The US FDA Commissioner Dr Scott Gottlieb has put out a statement for the modernisation of drug development, to improve the efficiency of the process and to promote the innovation of targeted therapies.

He wrote how by ‘using new technology platforms such as cell and gene therapies and small molecule drugs that target the genomic basis of disease, there are more opportunities to intervene in the underlying mechanisms that cause a disease, and potentially arrest and even reverse its progress.’

In the FDA statement, Dr Gottlieb wrote about current efforts that are aimed at the improvement of each stage of the drug development process, whilst also focusing on generating evidence, both pre-clinical and clinical, to make regulatory decisions more scientific, efficient and ‘modern’.

The statement mentions how the Center for Drug Evaluation and Research has already approved 45 novel drugs and biologics this year, which is close to the total of 46 in 2017 – the most approved in over 20 years.

Dr Gottlieb wrote how the new treatments offer hope to patients for an improved quality of life, and improved chances of surviving life-threatening illnesses.

Among the diseases mentioned are novel treatments for migraines and an RNA-based therapy to treat polyneuropathy caused by hereditary transthyretin-mediated amyloidosis. 

He wrote of continuing the focus on modernising the approach to clinical trials, and making the overall drug development process more efficient and less expensive.
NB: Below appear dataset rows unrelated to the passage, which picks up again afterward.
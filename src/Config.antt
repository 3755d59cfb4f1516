-- ===== src/Config.antt =====
-- configuration.go: the settings and the built-in defaults.
use web_based_jobs_worker_se.Base.{ℕ, Bool, true, false, [], ℤ, pos, Text, codes}

pub record Configuration : Type 0 where
  pub https_server_host : Text
  pub https_server_port : Text
  pub https_server_certs : Text
  pub https_server_key : Text
  pub https_server_certs_path : Text
  pub https_server_certs_email : Text
  pub worker_pid_file_path : Text
  pub worker_log_file_path : Text
  pub log_folders_location : Text
  pub web_requests_log_file : Text
  pub api_requests_log_file : Text
  pub jobs_process_log_file : Text
  pub jobs_deletion_log_file : Text
  pub default_linux_shell : Text
  pub jobs_outputs_folder : Text
  pub worker_working_directory : Text
  pub jobs_cleanup_max_fetch : ℤ
  pub jobs_cleanup_run_interval : ℤ
  pub jobs_cleanup_max_age : ℤ
  pub wait_time_before_exit : ℤ
  pub short_job_timeout : ℤ
  pub long_job_timeout : ℤ
  pub max_jobs_queue_buffer : ℤ
  pub pid_file_watch_interval : ℤ
  pub enable_web_access : Bool
  pub enable_api_gateway : Bool
  pub max_number_of_jobs : ℤ
  pub organization_name_for_certs : Text
  pub country_code_for_certs : Text
  pub province_name_for_certs : Text
  pub city_name_for_certs : Text
  pub street_address_for_certs : Text
  pub postal_code_for_certs : Text
  pub memory_limit_max_megabytes : ℤ
  pub memory_limit_default_megabytes : ℤ
  pub cpu_limit_default_percentage : ℤ
  pub cpu_limit_max_percentage : ℤ
  pub stream_page_default_foreground_color : Text
  pub stream_page_default_background_color : Text
  pub stream_page_default_font_size : ℤ
  pub jobs_outputs_backups_folder : Text
  pub enable_logs_timestamp_in_utc : Bool
  pub default_jobs_infos_timezone : Text
  pub linux_worker_max_open_files : ℕ
  pub enable_ondemand_diagnostics : Bool
  pub diagnostics_folders_location : Text
  pub cpu_profiling_duration : ℤ

abbrev pub default_config : Configuration
default_config = record {
  https_server_host = codes "127.0.0.1";
  https_server_port = codes "8080";
  https_server_certs = codes "server.crt";
  https_server_key = codes "server.key";
  https_server_certs_path = codes "./certs";
  https_server_certs_email = [];
  worker_pid_file_path = codes "worker.service.pid";
  worker_log_file_path = codes "worker.log";
  log_folders_location = codes "./logs";
  web_requests_log_file = codes "web.log";
  api_requests_log_file = codes "api.log";
  jobs_process_log_file = codes "jobs.log";
  jobs_deletion_log_file = codes "deleted.log";
  default_linux_shell = codes "/bin/sh";
  jobs_outputs_folder = codes "./outputs";
  worker_working_directory = codes "./";
  jobs_cleanup_max_fetch = pos 10;
  jobs_cleanup_run_interval = pos 12;
  jobs_cleanup_max_age = pos 24;
  wait_time_before_exit = pos 3;
  short_job_timeout = pos 3600;
  long_job_timeout = pos 1440;
  max_jobs_queue_buffer = pos 10;
  pid_file_watch_interval = pos 60;
  enable_web_access = true;
  enable_api_gateway = true;
  max_number_of_jobs = pos 10000;
  organization_name_for_certs = [];
  country_code_for_certs = [];
  province_name_for_certs = [];
  city_name_for_certs = [];
  street_address_for_certs = [];
  postal_code_for_certs = [];
  memory_limit_max_megabytes = pos 1000;
  memory_limit_default_megabytes = pos 100;
  cpu_limit_default_percentage = pos 10;
  cpu_limit_max_percentage = pos 25;
  stream_page_default_foreground_color = codes "white";
  stream_page_default_background_color = codes "black";
  stream_page_default_font_size = pos 18;
  jobs_outputs_backups_folder = codes "./backups";
  enable_logs_timestamp_in_utc = false;
  default_jobs_infos_timezone = codes "UTC";
  linux_worker_max_open_files = 1000000;
  enable_ondemand_diagnostics = true;
  diagnostics_folders_location = codes "./diagnostics";
  cpu_profiling_duration = pos 30;
}
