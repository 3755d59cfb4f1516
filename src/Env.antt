-- ===== src/Env.antt =====
-- What the handlers take from outside the program: the time zone data base with the layout of
-- dates, the state of the disk, the random source and the clock, and the order of map iteration.
use web_based_jobs_worker_se.Base.{ℕ, Bool, List, Option, Text, if◌then◌else◌}
use web_based_jobs_worker_se.Models.{Time}

-- A `*time.Location` is known by its name.
pub record Calendar : Type 0 where
  pub known : Text → Bool  -- whether `time.LoadLocation` finds the name
  pub format : Text → Time → Text  -- `t.In(location).Format("2006-01-02 15:04:05")`
  pub day : Time → Text  -- year, month and day by "%02d%02d%02d"

-- What one round of a scheduling loop reads: `rand.Read`, `time.Now().UnixNano()`, `time.Now()`.
pub record Ticket : Type 0 where
  pub random : Option (List ℕ)
  pub unixnano : ℕ
  pub now : Time

-- The location named in the request, where it is known.
unfoldable pub time_location : Calendar → Text → Text → Text
time_location cal default name = if cal.known name then name else default
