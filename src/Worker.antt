-- ===== src/Worker.antt =====
-- The state that all goroutines share (worker.go): the table of submitted jobs with its lock, the
-- buffered queue of jobs, and the jobs themselves, which table and queue hold by pointer. A
-- handler runs as a computation over that state with no other goroutine taking steps: it returns,
-- or blocks on a lock or a full channel, or panics.
pub mod Cells
pub mod Consistent
pub mod Kept
pub mod Lookup
use web_based_jobs_worker_se.Base.{
  ℕ, zero, suc, ◌+◌, List, [], ◌∷◌, ◌++◌, Option, none, some, Text, text_key, length, get_elem?,
  set, ltb, if◌then◌else◌,
}
use web_based_jobs_worker_se.GoMap.{lookup, insert}
use web_based_jobs_worker_se.Models.{RwMutex, unlocked, reading, writing, Job}

pub record World : Type 0 where
  pub maplock : RwMutex
  pub heap : List Job  -- a pointer is a position in this list
  pub results : List (Text × ℕ)  -- globalJobsResults
  pub queue : List ℕ  -- globalJobsQueue, oldest first
  pub capacity : ℕ  -- of the queue

pub data Outcome (A : Type 0) : Type 0 where
  returned : A → World → Outcome A
  blocked : World → Outcome A
  panicked : World → Outcome A

abbrev pub M : Type 0 → Type 0
M A = World → Outcome A

abbrev pub pure : {A : Type 0} → A → M A
pure a w = returned a w

abbrev pub block : {A : Type 0} → M A
block w = blocked w

abbrev pub panic : {A : Type 0} → M A
panic w = panicked w

abbrev pub bind : {A B : Type 0} → Outcome A → (A → M B) → Outcome B
bind (returned a w) f = f a w
bind (blocked w) f = blocked w
bind (panicked w) f = panicked w

infixl 5 ◌>>=◌ ◌>>◌
abbrev pub ◌>>=◌ : {A B : Type 0} → M A → (A → M B) → M B
◌>>=◌ m f w = bind (m w) f

abbrev pub ◌>>◌ : {B : Type 0} → M (Unit {0}) → M B → M B
m >> k = m >>= λ _. k

-- What a lock becomes; `none` where the caller has to wait.
abbrev pub lock_write : RwMutex → Option RwMutex
lock_write unlocked = some writing
lock_write (reading n) = none
lock_write writing = none

abbrev pub lock_read : RwMutex → Option RwMutex
lock_read unlocked = some (reading 0)
lock_read (reading n) = some (reading (suc n))
lock_read writing = none

-- `none` where Go stops the program with a fatal error.
abbrev pub unlock_write : RwMutex → Option RwMutex
unlock_write unlocked = none
unlock_write (reading n) = none
unlock_write writing = some unlocked

abbrev pub unlock_read : RwMutex → Option RwMutex
unlock_read unlocked = none
unlock_read (reading zero) = some unlocked
unlock_read (reading (suc n)) = some (reading n)
unlock_read writing = none

abbrev pub set_maplock : Option RwMutex → M (Unit {0}) → M (Unit {0})
set_maplock none otherwise w = otherwise w
set_maplock (some l) otherwise w = returned tt (record w { maplock = l })

unfoldable pub map_lock : M (Unit {0})
map_lock w = set_maplock (lock_write w.maplock) block w

unfoldable pub map_unlock : M (Unit {0})
map_unlock w = set_maplock (unlock_write w.maplock) panic w

unfoldable pub map_rlock : M (Unit {0})
map_rlock w = set_maplock (lock_read w.maplock) block w

unfoldable pub map_runlock : M (Unit {0})
map_runlock w = set_maplock (unlock_read w.maplock) panic w

-- Reading through a pointer; an address that was never allocated is a nil pointer.
unfoldable pub load : ℕ → M Job
load p w = elim (get_elem? w.heap p) [ none ↦ panicked w | some j ↦ returned j w ]

-- The worker with another job in a cell.
abbrev pub put : ℕ → Job → World → World
put p j w = record w { heap = set w.heap p j }

unfoldable pub store : ℕ → Job → M (Unit {0})
store p j w = returned tt (put p j w)

-- `&Job{…}`.
unfoldable pub new_job : Job → M ℕ
new_job j w = returned (length w.heap) (record w { heap = w.heap ++ j ∷ [] })

abbrev pub set_lock : Option RwMutex → ℕ → Job → M (Unit {0}) → M (Unit {0})
set_lock none p j otherwise = otherwise
set_lock (some l) p j otherwise = store p (record j { lock = l })

unfoldable pub job_lock : ℕ → M (Unit {0})
unfolding load store
job_lock p = do j ← load p; set_lock (lock_write j.lock) p j block

unfoldable pub job_unlock : ℕ → M (Unit {0})
unfolding load store
job_unlock p = do j ← load p; set_lock (unlock_write j.lock) p j panic

unfoldable pub job_rlock : ℕ → M (Unit {0})
unfolding load store
job_rlock p = do j ← load p; set_lock (lock_read j.lock) p j block

unfoldable pub job_runlock : ℕ → M (Unit {0})
unfolding load store
job_runlock p = do j ← load p; set_lock (unlock_read j.lock) p j panic

-- Assignments to fields of a job.
unfoldable pub modify : ℕ → (Job → Job) → M (Unit {0})
unfolding load store
modify p f = do j ← load p; store p (f j)

-- `globalJobsResults[id]`.
unfoldable pub find_job : Text → M (Option ℕ)
find_job id w = returned (lookup id w.results) w

-- `globalJobsResults[id] = job`.
unfoldable pub put_job : Text → ℕ → M (Unit {0})
put_job id p w = returned tt (record w { results = insert id p w.results })

-- `globalJobsQueue <- job`.
unfoldable pub enqueue : ℕ → M (Unit {0})
enqueue p w =
    if ltb (length w.queue) w.capacity
    then returned tt (record w { queue = w.queue ++ p ∷ [] })
    else blocked w

-- `job.stop <- struct{}{}`.
unfoldable pub send_stop : ℕ → M (Unit {0})
unfolding load store
send_stop p = do
  j ← load p
  if ltb j.stop 1 then store p (record j { stop = j.stop + 1 }) else block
He stressed that regulatory standards would still need to be met, and that by ‘using more sophisticated approaches to learn about the safety and efficacy of treatments, we can reduce the barriers to bringing new science forward and make sure more patients can benefit sooner from improved treatments.’

The statement explains how ‘one of the most promising ways to make drug development more efficient – while enabling providers and patients to get better information about how a new medicine works – is by developing the science around innovative approaches to the design of clinical trials’. The commissioner mentioned that these are approaches that can show more quickly and efficiently how a treatment will impact a specific patient population.

Concluding the statement from the FDA, Dr Gottlieb wrote: “today’s guidance documents are part of the FDA’s science-based mission to modernise clinical trials and advance the development of safe and effective drugs and biologics for the American public.”